Stage 1- Proofer goes into refrigeration mode at 3 degs celcius. There is no option to have humidity in referigeration mode. So what we do is once donuts are cut and placed on trays we lightly cover in cling wrap which has made a massive difference in stopping them drying out at that temperature.

Stage 2- heating up from 3degs to 36degs over a period of 30mins at 70% humidity

Stage 3- (Final) 36degs at 85% humidity for 50mins

The above has been a bit of a hit and miss and we are still trying to tweak it. Strangely some donuts in the same batch on the same tray come out fine, but others wont rise once in the fryer and are tough and slightly raw in the center. Others rise on one side of the donut then fall flat on the other......


Any suggestions? or does anyone know of a basic template to start with when using a retarder proofer for 18+hours for yeast raised donuts??

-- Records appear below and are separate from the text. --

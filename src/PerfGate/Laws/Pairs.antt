-- ===== src/PerfGate/Laws/Pairs.antt =====
-- The attempts at one cell: which pairs are kept, how many, and in which order their halves ran.
use antfarm.Prelude.{
  ℕ, zero, suc, ◌+◌, ◌*◌, ◌%◌, ◌≤◌, ◌<◌, ◌≡◌, ◌⊎◌, inl, inr, refl, List, [], ◌∷◌, ◌++◌, arith, leb,
  ◌==◌, if◌then◌else◌, length, length-append, Bool-cases, subst,
}
use antfarm.PerfGate.Floats.{Floats}
use antfarm.PerfGate.Campaign.{
  Version, base, candidate, Pair, Runs, Attempt, paired, invalid, attempt_pair, is_clean, Cell,
  Measured, measured, failed, record_pair, measure, measure_cell, kept_order_count, is_version,
}

-- The version that runs first in the next attempt.
abbrev next_first : ℕ → Version
next_first kept = if (kept % 2) == 0 then base else candidate

-- Of `n` alternating pairs, `b` began with the base and `c` with the candidate.
abbrev Alternates : ℕ → ℕ → ℕ → Type 0
Alternates n b c = (2 * b ≡ n + n % 2) × (2 * c + n % 2 ≡ n)

Alternates-next :
    (n b c : ℕ)
    → Alternates n b c
    → Alternates
        (n + 1)
        (b + (if is_version (next_first n) base then 1 else 0))
        (c + (if is_version (next_first n) candidate then 1 else 0))
Alternates-next n b c h = elim (Bool-cases ((n % 2) == 0)) [
  | inl e ↦ rw e (let even : n % 2 ≡ 0 = ground arith in omega arith)
  | inr e ↦ rw e (let odd : n % 2 ≡ 1 = ground arith in omega arith)
]

module _ (N : Floats) where
  -- The attempts in which no row was contaminated.
  pub clean_of : List (Pair N) → List (Pair N)
  clean_of [] = []
  clean_of (p ∷ ps) = let rest = clean_of ps in if is_clean N p then p ∷ rest else rest

  clean_of-append :
      (xs : List (Pair N)) (p : Pair N)
      → clean_of (xs ++ p ∷ []) ≡ (if is_clean N p then clean_of xs ++ p ∷ [] else clean_of xs)
  unfolding clean_of
  clean_of-append [] p = ground arith
  clean_of-append (x ∷ xs) p = ground (arith, clean_of-append xs p)

  kept_order_count-append :
      (v : Version) (xs : List (Pair N)) (p : Pair N)
      → kept_order_count N v (xs ++ p ∷ [])
        ≡ kept_order_count N v xs + (if is_version p.first v then 1 else 0)
  unfolding kept_order_count
  kept_order_count-append v [] p = ground arith
  kept_order_count-append v (x ∷ xs) p = ground (arith, kept_order_count-append v xs p)

  record CellInv (tried : ℕ) (s : Cell N) : Type 0 where
    filtered : s.pairs ≡ clean_of s.attempts
    attempted : length s.attempts ≡ tried
    alternates :
        Alternates
          (length s.pairs)
          (kept_order_count N base s.pairs)
          (kept_order_count N candidate s.pairs)

  attempt_pair-first :
      (run : Runs N) (repeat kept : ℕ) (p : Pair N)
      → attempt_pair N run repeat kept ≡ paired p
      → p.first ≡ next_first kept
  unfolding attempt_pair
  attempt_pair-first run repeat kept p h = ground arith

  record_pair-CellInv :
      (tried : ℕ) (s : Cell N) (p : Pair N)
      → p.first ≡ next_first (length s.pairs)
      → CellInv tried s
      → CellInv (suc tried) (record_pair N s p)
  unfolding record_pair
  record_pair-CellInv tried s p e h = elim (Bool-cases (is_clean N p)) [
    | inl clean ↦ rw clean (record {
      filtered = let new = rw clean at (clean_of-append s.attempts p) in cc;
      attempted = omega (arith, h.attempted, length-append s.attempts (p ∷ []));
      alternates =
          simp (kept_order_count-append, length-append, e)
            (Alternates-next (length s.pairs) (kept_order_count N base s.pairs)
              (kept_order_count N candidate s.pairs) h.alternates);
    })
    | inr shared ↦ rw shared (record {
      filtered = let old = rw shared at (clean_of-append s.attempts p) in cc;
      attempted = omega (arith, h.attempted, length-append s.attempts (p ∷ []));
      alternates = h.alternates;
    })
  ]

  length-record_pair :
      (s : Cell N) (p : Pair N) → length (record_pair N s p).pairs ≤ length s.pairs + 1
  unfolding record_pair
  length-record_pair s p = ground (arith, length-append s.pairs (p ∷ []))

  record Done (repeats max_attempts : ℕ) (s : Cell N) : Type 0 where
    pub kept : s.pairs ≡ clean_of s.attempts
    pub at_most : length s.pairs ≤ repeats
    pub in_budget : length s.attempts ≤ max_attempts
    pub ended : (length s.pairs ≡ repeats) ⊎ (length s.attempts ≡ max_attempts)
    pub alternates :
        Alternates
          (length s.pairs)
          (kept_order_count N base s.pairs)
          (kept_order_count N candidate s.pairs)

  abbrev MeasuredDone : ℕ → ℕ → Measured N → Type 0
  MeasuredDone repeats max_attempts (measured s) = Done repeats max_attempts s
  MeasuredDone repeats max_attempts failed = Unit

  Done-if :
      (repeats tried max_attempts kept : ℕ) (t : Cell N) (rest : Measured N)
      → kept < repeats
      → tried ≤ max_attempts
      → length t.pairs ≤ kept + 1
      → CellInv tried t
      → (CellInv tried t → length t.pairs < repeats → MeasuredDone repeats max_attempts rest)
      → MeasuredDone repeats max_attempts
          (if leb repeats (length t.pairs) then measured t else rest)
  Done-if repeats tried max_attempts kept t rest lt budget bound k more =
      elim (Bool-cases (leb repeats (length t.pairs))) [
        | inl full ↦ rw full (record {
          kept = k.filtered;
          at_most = omega arith;
          in_budget = omega (arith, k.attempted);
          ended = inl (ground arith);
          alternates = k.alternates;
        })
        | inr room ↦ rw room (more k (ground arith))
      ]

  measure-Done :
      (run : Runs N) (repeats tried left : ℕ) (s : Cell N)
      → CellInv tried s
      → length s.pairs < repeats
      → MeasuredDone repeats (tried + left) (measure N run repeats tried left s)
  unfolding measure
  measure-Done run repeats tried zero s h lt = record {
    kept = h.filtered;
    at_most = omega arith;
    in_budget = omega (arith, h.attempted);
    ended = inr (omega (arith, h.attempted));
    alternates = h.alternates;
  }
  measure-Done run repeats tried (suc left) s h lt =
      go (attempt_pair N run tried (length s.pairs)) refl
        (λ t. measure-Done run repeats (suc tried) left t)
    where
      budget : suc tried + left ≡ tried + suc left
      budget = omega arith

      go :
          (a : Attempt N)
          → attempt_pair N run tried (length s.pairs) ≡ a
          → ((t : Cell N)
              → CellInv (suc tried) t
              → length t.pairs < repeats
              → MeasuredDone repeats (suc tried + left) (measure N run repeats (suc tried) left t))
          → MeasuredDone repeats (tried + suc left) (elim a [
            | invalid ↦ failed
            | paired p ↦
                if leb repeats (length (record_pair N s p).pairs)
                then measured (record_pair N s p)
                else measure N run repeats (suc tried) left (record_pair N s p)
          ])
      go invalid e rest = tt
      go (paired p) e rest =
          Done-if repeats (suc tried) (tried + suc left) (length s.pairs) (record_pair N s p)
            (measure N run repeats (suc tried) left (record_pair N s p)) lt (omega arith)
            (length-record_pair s p)
            (record_pair-CellInv tried s p (attempt_pair-first run tried (length s.pairs) p e) h)
            (λ k b.
              subst
                (λ n.
                  MeasuredDone repeats n
                    (measure N run repeats (suc tried) left (record_pair N s p)))
                budget (rest (record_pair N s p) k b))

-- The attempts at a cell, whatever the rows: the pairs kept are the clean ones of the attempts, in
-- order; there are at most `repeats` of them and at most `max_attempts` attempts; the loop ends
-- with all the pairs that were asked for or with all attempts spent; and among the pairs kept those
-- that began with the base and those that began with the candidate differ in number by at most one.
pub measure_cell_lem :
    (N : Floats) (run : Runs N) (repeats max_attempts : ℕ) (s : Cell N)
    → 0 < repeats
    → measure_cell N run repeats max_attempts ≡ measured s
    → (s.pairs ≡ clean_of N s.attempts)
      × (length s.pairs ≤ repeats)
      × (length s.attempts ≤ max_attempts)
      × ((length s.pairs ≡ repeats) ⊎ (length s.attempts ≡ max_attempts))
      × (kept_order_count N candidate s.pairs ≤ kept_order_count N base s.pairs)
      × (kept_order_count N base s.pairs ≤ kept_order_count N candidate s.pairs + 1)
unfolding measure_cell
measure_cell_lem N run repeats max_attempts s pos e =
    let done : Done N repeats max_attempts s = subst (MeasuredDone N repeats max_attempts) e (
      subst
        (λ n.
          MeasuredDone N repeats n
            (measure N run repeats 0 max_attempts (record { pairs = []; attempts = [] })))
        (omega arith)
        (measure-Done N run repeats 0 max_attempts (record { pairs = []; attempts = [] })
          (record {
            filtered = unfold clean_of in refl;
            attempted = omega arith;
            alternates = unfold kept_order_count in omega arith;
          })
          (omega arith))) in
    let (b, c) = done.alternates in
    (done.kept, done.at_most, done.in_budget, done.ended, omega (arith, b, c), omega (arith, b, c))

Thank you, any words of wisdom are greatly appreciated


----------



## chefwriter (Oct 31, 2012)

Is the overnight proofing really necessary? Otherwise I'll suggest in Stage 2 leaving them to heat up for an hour before final proofing, instead of 30 minutes. 
Without being technical, you are essentially trying to bring them back to where they would have been if you had done them fresh. So I would think they need a bit more time to recover from the overnight refrigeration.


----------



## retiredbaker (Dec 29, 2019)

bakerdonatello said:


> Hi guys,
> 
> I own/ manage a small vegan donut shop and recently purchased a Everlast retarder proofer. The idea being, that it would help us meet demand more efficiently by letting the first batch of donuts proof over a 18hour period the day before so that as soon as we arrive at the kitchen we can start frying.
> 
> ...


I worked for dunkin donuts in the 1960's, if there was a decent shortcut they would have found it. There isn't.
We started and baked all night, its a commitment.


----------